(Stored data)

========

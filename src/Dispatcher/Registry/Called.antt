-- ===== src/Dispatcher/Registry/Called.antt =====
-- dispatcher.go, the `Register…` methods: which error a call returns, and which consumer it adds.
use bunmq.Base.{
  String, Bool, true, false, ◌≡◌, ◌≢◌, refl, sym, ◌||◌, Option, none, some, [], ◌∷◌, ◌++◌, ◌==◌,
  eq_iff, arith, if◌then◌else◌,
}
use bunmq.Base.Dict.{lookup-insert}
use bunmq.Errors.{
  Error, sentinel, invalid_dispatch_params, consumer_already_registered_for_the_message,
  queue_definition_not_found,
}
use bunmq.GoType.{GoType, deref, type_string}
use bunmq.Dispatcher.{
  ConsumerDefinitionType, by_type, by_exchange, by_routing_key, by_exchange_routing_key,
  ConsumerHandler, ConsumerDefinition, Dispatcher,
}
use bunmq.Dispatcher.Registry.{
  consumers_of, definition, has_type, has_queue, append_consumer, register_by_type,
  register_by_exchange, register_by_routing_key, register_by_exchange_routing_key,
}
use bunmq.Dispatcher.Registry.Append.{
  Registration, for_type, for_exchange, for_routing_key, for_exchange_routing_key, register,
}

module _ {W Payload : Type 0} where
  -- What a call asks for.
  abbrev pub asked_queue : Registration W Payload → String
  asked_queue (for_type q m h) = q
  asked_queue (for_exchange q m x h) = q
  asked_queue (for_routing_key q m r h) = q
  asked_queue (for_exchange_routing_key q m x r h) = q

  abbrev pub asked_message : Registration W Payload → Option GoType
  asked_message (for_type q m h) = m
  asked_message (for_exchange q m x h) = m
  asked_message (for_routing_key q m r h) = m
  asked_message (for_exchange_routing_key q m x r h) = m

  abbrev pub asked_handler : Registration W Payload → Option (ConsumerHandler W Payload)
  asked_handler (for_type q m h) = h
  asked_handler (for_exchange q m x h) = h
  asked_handler (for_routing_key q m r h) = h
  asked_handler (for_exchange_routing_key q m x r h) = h

  abbrev pub asked_kind : Registration W Payload → ConsumerDefinitionType
  asked_kind (for_type q m h) = by_type
  asked_kind (for_exchange q m x h) = by_exchange
  asked_kind (for_routing_key q m r h) = by_routing_key
  asked_kind (for_exchange_routing_key q m x r h) = by_exchange_routing_key

  -- The exchange and the routing key; a kind that is not matched by one has the empty text.
  abbrev pub asked_exchange : Registration W Payload → String
  asked_exchange (for_exchange q m x h) = x
  asked_exchange (for_exchange_routing_key q m x r h) = x
  asked_exchange _ = ""

  abbrev pub asked_key : Registration W Payload → String
  asked_key (for_routing_key q m r h) = r
  asked_key (for_exchange_routing_key q m x r h) = r
  asked_key _ = ""

  -- A key that the kind is matched by is empty.
  abbrev pub lacks_key : Registration W Payload → Bool
  lacks_key (for_type q m h) = false
  lacks_key (for_exchange q m x h) = x == ""
  lacks_key (for_routing_key q m r h) = r == ""
  lacks_key (for_exchange_routing_key q m x r h) = x == "" || r == ""

  -- The queue has a consumer for this message type already, for a kind that minds.
  abbrev pub is_taken : Registration W Payload → GoType → Dispatcher W Payload → Bool
  is_taken (for_exchange_routing_key q m x r h) t d = false
  is_taken call t d = has_type (type_string (deref t)) (consumers_of (asked_queue call) d)

  -- The error of a call for a message of this type, if it is refused.
  abbrev pub refusal : Registration W Payload → GoType → Dispatcher W Payload → Option Error
  refusal call t d =
      if asked_queue call == "" || lacks_key call
      then some (sentinel invalid_dispatch_params)
      else if is_taken call t d
      then some (sentinel consumer_already_registered_for_the_message)
      else if has_queue (asked_queue call) d
      then none
      else some (sentinel queue_definition_not_found)

  -- The consumer is the one that the call asks for.
  pub record IsAsked (call : Registration W Payload) (t : GoType) (c : ConsumerDefinition W Payload)
      : Type 0 where
    pub same_queue : c.queue ≡ asked_queue call
    pub same_kind : c.typ ≡ asked_kind call
    pub same_exchange : c.exchange ≡ asked_exchange call
    pub same_key : c.routing_key ≡ asked_key call
    pub same_handler : c.handler ≡ asked_handler call
    pub same_reflect : c.reflect ≡ deref t
    pub same_type : c.msg_type ≡ type_string (deref t)

  -- A consumer comes behind those of its queue, and the rest of the dispatcher is as before.
  pub record Appends (c : ConsumerDefinition W Payload) (d d' : Dispatcher W Payload) : Type 0 where
    pub behind : consumers_of c.queue d' ≡ consumers_of c.queue d ++ c ∷ []
    pub others : (k : String) → k ≢ c.queue → consumers_of k d' ≡ consumers_of k d
    pub same_definitions : d'.queue_definitions ≡ d.queue_definitions
    pub same_flag : d'.consuming ≡ d.consuming

  abbrev pub Adds :
      Registration W Payload
      → GoType
      → Dispatcher W Payload
      → Option Error × Dispatcher W Payload
      → Type 0
  Adds call t d (some e, d') = d' ≡ d
  Adds call t d (none, d') = (c : ConsumerDefinition W Payload) × IsAsked call t c × Appends c d d'

  -- What a call comes to, with the message's type.
  abbrev pub Answers :
      Registration W Payload → Dispatcher W Payload → Option Error × Dispatcher W Payload → Type 0
  Answers call d r = elim (asked_message call) [
    | none ↦ r ≡ (some (sentinel invalid_dispatch_params), d)
    | some t ↦ (r.0 ≡ refusal call t d) × Adds call t d r
  ]

  append_consumer-Appends :
      (c : ConsumerDefinition W Payload) (d : Dispatcher W Payload)
      → Appends c d (append_consumer c d)
  append_consumer-Appends c d = record {
    behind = ground (
      arith,
      lookup-insert c.queue c.queue (consumers_of c.queue d ++ c ∷ []) d.consumers_definition,
      eq_iff c.queue c.queue,
    );
    others = λ k ne. ground (
      arith,
      lookup-insert c.queue k (consumers_of c.queue d ++ c ∷ []) d.consumers_definition,
      eq_iff c.queue k,
    );
    same_definitions = refl;
    same_flag = refl;
  }

  -- The checks in their order, by their outcomes: the parameters, the message type, the queue.
  checked :
      (call : Registration W Payload) (t : GoType) (d : Dispatcher W Payload)
      (c : ConsumerDefinition W Payload) (bad lacking taken known : Bool)
      → IsAsked call t c
      → bad ≡ lacking
      → let r : Option Error × Dispatcher W Payload =
          if bad
          then (some (sentinel invalid_dispatch_params), d)
          else if taken
          then (some (sentinel consumer_already_registered_for_the_message), d)
          else if known
          then (none, append_consumer c d)
          else (some (sentinel queue_definition_not_found), d) in
        (r.0 ≡ (
          if lacking
          then some (sentinel invalid_dispatch_params)
          else if taken
          then some (sentinel consumer_already_registered_for_the_message)
          else if known
          then none
          else some (sentinel queue_definition_not_found)))
        × Adds call t d r
  checked call t d c true lacking taken known a e = (rw (sym e) refl, refl)
  checked call t d c false lacking true known a e = (rw (sym e) refl, refl)
  checked call t d c false lacking false true a e =
      (rw (sym e) refl, (c, a, append_consumer-Appends c d))
  checked call t d c false lacking false false a e = (rw (sym e) refl, refl)

  asked :
      (call : Registration W Payload) (t : GoType)
      → IsAsked call t (
          definition
            (asked_kind call)
            (asked_queue call)
            (asked_exchange call)
            (asked_key call)
            t
            (asked_handler call))
  asked call t = record {
    same_queue = refl;
    same_kind = refl;
    same_exchange = refl;
    same_key = refl;
    same_handler = refl;
    same_reflect = refl;
    same_type = refl;
  }

  -- A call with a nil message, an empty queue name or an empty key that its kind is matched by
  -- returns the error for invalid parameters. Another one returns the error for a consumer that is
  -- registered already exactly if the queue has one for the message's type and the kind is not by
  -- exchange and routing key, and else the error for an unknown queue exactly if the queue has no
  -- definition. An error leaves the dispatcher as it was. Without an error one consumer is
  -- appended to those of the call's queue, of the call's kind, with the call's exchange, routing
  -- key and handler and with the message's type behind a pointer; the consumers of other queues,
  -- the definitions and the flag are as before.
  pub register-Answers :
      (call : Registration W Payload) (d : Dispatcher W Payload) → Answers call d (register call d)
  unfolding register register_by_type register_by_exchange register_by_routing_key
      register_by_exchange_routing_key
  register-Answers (for_type q none h) d = refl
  register-Answers (for_exchange q none x h) d = refl
  register-Answers (for_routing_key q none r h) d = refl
  register-Answers (for_exchange_routing_key q none x r h) d = refl
  register-Answers (for_type q (some t) h) d =
      checked (for_type q (some t) h) t d _ (q == "") (q == "" || false) _ _
        (asked (for_type q (some t) h) t) (ground arith)
  register-Answers (for_exchange q (some t) x h) d =
      checked (for_exchange q (some t) x h) t d _ (q == "" || x == "") (q == "" || x == "") _ _
        (asked (for_exchange q (some t) x h) t) refl
  register-Answers (for_routing_key q (some t) r h) d =
      checked (for_routing_key q (some t) r h) t d _ (q == "" || r == "") (q == "" || r == "") _ _
        (asked (for_routing_key q (some t) r h) t) refl
  register-Answers (for_exchange_routing_key q (some t) x r h) d =
      checked (for_exchange_routing_key q (some t) x r h) t d _ (q == "" || x == "" || r == "")
        (q == "" || (x == "" || r == "")) false _
        (asked (for_exchange_routing_key q (some t) x r h) t) (ground arith)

========

REQUIREMENT: Print again the lines of the entries above that fall between the line holding "lacks_key (for_type q m h) = false" and the line holding "else if is_taken call t d", inclusive, exactly as they stand.

EXPECTED ANSWER:
  lacks_key (for_type q m h) = false
  lacks_key (for_exchange q m x h) = x == ""
  lacks_key (for_routing_key q m r h) = r == ""
  lacks_key (for_exchange_routing_key q m x r h) = x == "" || r == ""

  -- The queue has a consumer for this message type already, for a kind that minds.
  abbrev pub is_taken : Registration W Payload → GoType → Dispatcher W Payload → Bool
  is_taken (for_exchange_routing_key q m x r h) t d = false
  is_taken call t d = has_type (type_string (deref t)) (consumers_of (asked_queue call) d)

  -- The error of a call for a message of this type, if it is refused.
  abbrev pub refusal : Registration W Payload → GoType → Dispatcher W Payload → Option Error
  refusal call t d =
      if asked_queue call == "" || lacks_key call
      then some (sentinel invalid_dispatch_params)
      else if is_taken call t d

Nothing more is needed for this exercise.